А чем магазин от комиссионки отличается? На слова продавца особого внимания не обращайте. У него задача продать, а Вам потом жить и жить. Говорю, как продавец 
К сожалению, в аккордеонах достаточное количество вещей, подверженных влиянию времени (лайка, мастика). Поэтому на возраст и на реальное состояние я бы внимание все-таки обратил. 
Где Вы территориально находитесь? В Москве выбор значительно больше, чем в регионах и можно купить намного дешевле. 
В любом случае, берите человека, который играет и смотрите с ним. Вы сами без опыта не увидите и 10 части всех косяков.

P.S.
Увидел место жительства. Таллин - уже достаточно близко к ebay. Нет тех проблем с пересылкой и таможней, что у нас в России и цены совсем другие. Если желание играть на аккордеоне не отпустит, можно воспользоваться ebay, но все равно помощь/консультация спеца пригодится


----------



## Woldemar (30 Янв 2015)

Да, нахожусь в Таллинне. Выбор не очень большой. Бюджет примерно в эту сумму, плюс-минус.
У нас, если покупаю в магазине, получаю гарантию на какой-то небольшой срок. Как ее применить, если что, это другой вопрос.

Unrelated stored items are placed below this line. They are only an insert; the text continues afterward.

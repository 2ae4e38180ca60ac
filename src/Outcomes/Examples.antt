-- ===== src/Outcomes/Examples.antt =====
-- A long trade whose second candle reaches the target, and the theorems on outcomes at it.
use my_team_tradding.Decimal.{Decimal}
use my_team_tradding.Decimal.RoundUp.{round_up}
use my_team_tradding.Outcomes.{
  Candle, Levels, Outcome, OutcomeBounds, check_horizon, check_order, evaluate_outcome, levels_of,
  outcome_of, priced_levels, resolution, take_profit_reached, timeframe_m15, unresolved_horizon,
  walk,
}
use my_team_tradding.Outcomes.Path.{walk_no_lookahead}
use my_team_tradding.Outcomes.Sound.{IsOutcome, evaluate_outcome-IsOutcome}
use my_team_tradding.Prelude.{List, [], none, refl, some, ℕ, ◌++◌, ◌+◌, ◌∷◌, ◌≡◌, ◌≢◌}
use my_team_tradding.Prelude.Int.{leb_ℤ, ltb_ℤ, max_ℤ, pos, ◌-ℤ◌}
use my_team_tradding.Prelude.Result.{ok}
use my_team_tradding.Risk.Types.{TradeProposal, buy}

abbrev traded : TradeProposal
traded = record {
  cycle_id = "c1";
  timestamp = 5;
  proposal_id = "p1";
  snapshot_id = "s1";
  symbol = "XAUUSD";
  side = buy;
  entry = some (pos 2000);
  stop_loss = some (pos 1990);
  take_profit = some (pos 2030);
}

abbrev levels : Levels
levels = record { side = buy; entry = pos 2000; stop = pos 1990; target = pos 2030 }

abbrev candle_at : ℕ → Decimal → Decimal → Candle
candle_at opening high low = record {
  symbol = "XAUUSD";
  timeframe = timeframe_m15;
  open_time = opening;
  close_time = opening + 15;
  high = high;
  low = low;
}

abbrev candles : List Candle
candles = candle_at 100 (pos 2010) (pos 1995) ∷ candle_at 115 (pos 2031) (pos 2005) ∷ []

abbrev crash : List Candle
crash = candle_at 130 (pos 2020) (pos 1900) ∷ []

abbrev bounds : OutcomeBounds
bounds = record {
  symbol = "XAUUSD";
  timeframe = timeframe_m15;
  decision_cutoff = 100;
  max_bars = some 100;
  max_elapsed = none;
  evaluation_end = 500;
}

target_first : (walk levels (pos 0) (pos 0) candles).status ≡ take_profit_reached
unfolding walk resolution leb_ℤ ltb_ℤ max_ℤ ◌-ℤ◌
target_first = refl

is_touched : (walk levels (pos 0) (pos 0) candles).status ≢ unresolved_horizon
is_touched h = cc (h, target_first)

walk_no_lookahead_example :
    walk levels (pos 0) (pos 0) (candles ++ crash) ≡ walk levels (pos 0) (pos 0) candles
walk_no_lookahead_example = walk_no_lookahead levels (pos 0) (pos 0) candles crash is_touched

abbrev outcome : Outcome
unfolding round_up walk
outcome = outcome_of round_up levels (walk levels (pos 0) (pos 0) candles)

evaluates : evaluate_outcome round_up traded bounds candles ≡ ok outcome
unfolding evaluate_outcome priced_levels levels_of check_order check_horizon outcome ltb_ℤ
evaluates = refl

evaluate_outcome-IsOutcome_example : IsOutcome traded bounds candles outcome
evaluate_outcome-IsOutcome_example =
    evaluate_outcome-IsOutcome round_up traded bounds candles outcome evaluates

Хотя были прецеденты, что возвращали товар. Правда, не музыкальные инструменты. 

Но мысль понятна, буду искать что-то по-свежее. 
С знакомыми играющими человеками сложно. Гитаристы есть, ударники есть, aккордeонистов нет. Тут я уже сам буду выкручиваться.


----------



## Woldemar (12 Фев 2015)

Чтобы не создавать новую тему. Продают Settimo Soprani. Прoдавец находится 200км от меня. Толком ничего сказать не может,разве что аккордеон исправный и в ансамбле не играл. Форумчане что-тo про эту модель могут сказать ? Примерный возраст, 80-ые ?


----------



## vev (12 Фев 2015)

*Woldemar*, 
Я бы присмотрелся/прислушался. Может быть очень неплохим инструментом. 200 км для хорошего аккордеона - не расстояние. А столько денег хотят?


----------



## zet10 (12 Фев 2015)

Сет Сопрани очень хороший инструмент,есть резон посмотреть.
Все зависит от цены,
сколь хотят денег?


----------



## zet10 (12 Фев 2015)

Сет Сопрани очень хороший инструмент,есть резон посмотреть.
Все зависит от цены,
сколь хотят денег?


----------



## Woldemar (12 Фев 2015)

700евро за него хотят. Много или мало ?


----------



## zet10 (12 Фев 2015)

Если прямодечный то очень много,если ломаная дека то очень мало.


----------



## vev (12 Фев 2015)

Похоже на прямодечник по фото.


----------



## zet10 (12 Фев 2015)

Вообще модель не понятная.
То, что он прямодечный практически не сомневаюсь.


----------



## Garik66 (16 Мар 2015)

Settimo Soprani нормальный инструмент, но не профи... Итальянская начинка лучше немецких. Стоит брать.


----------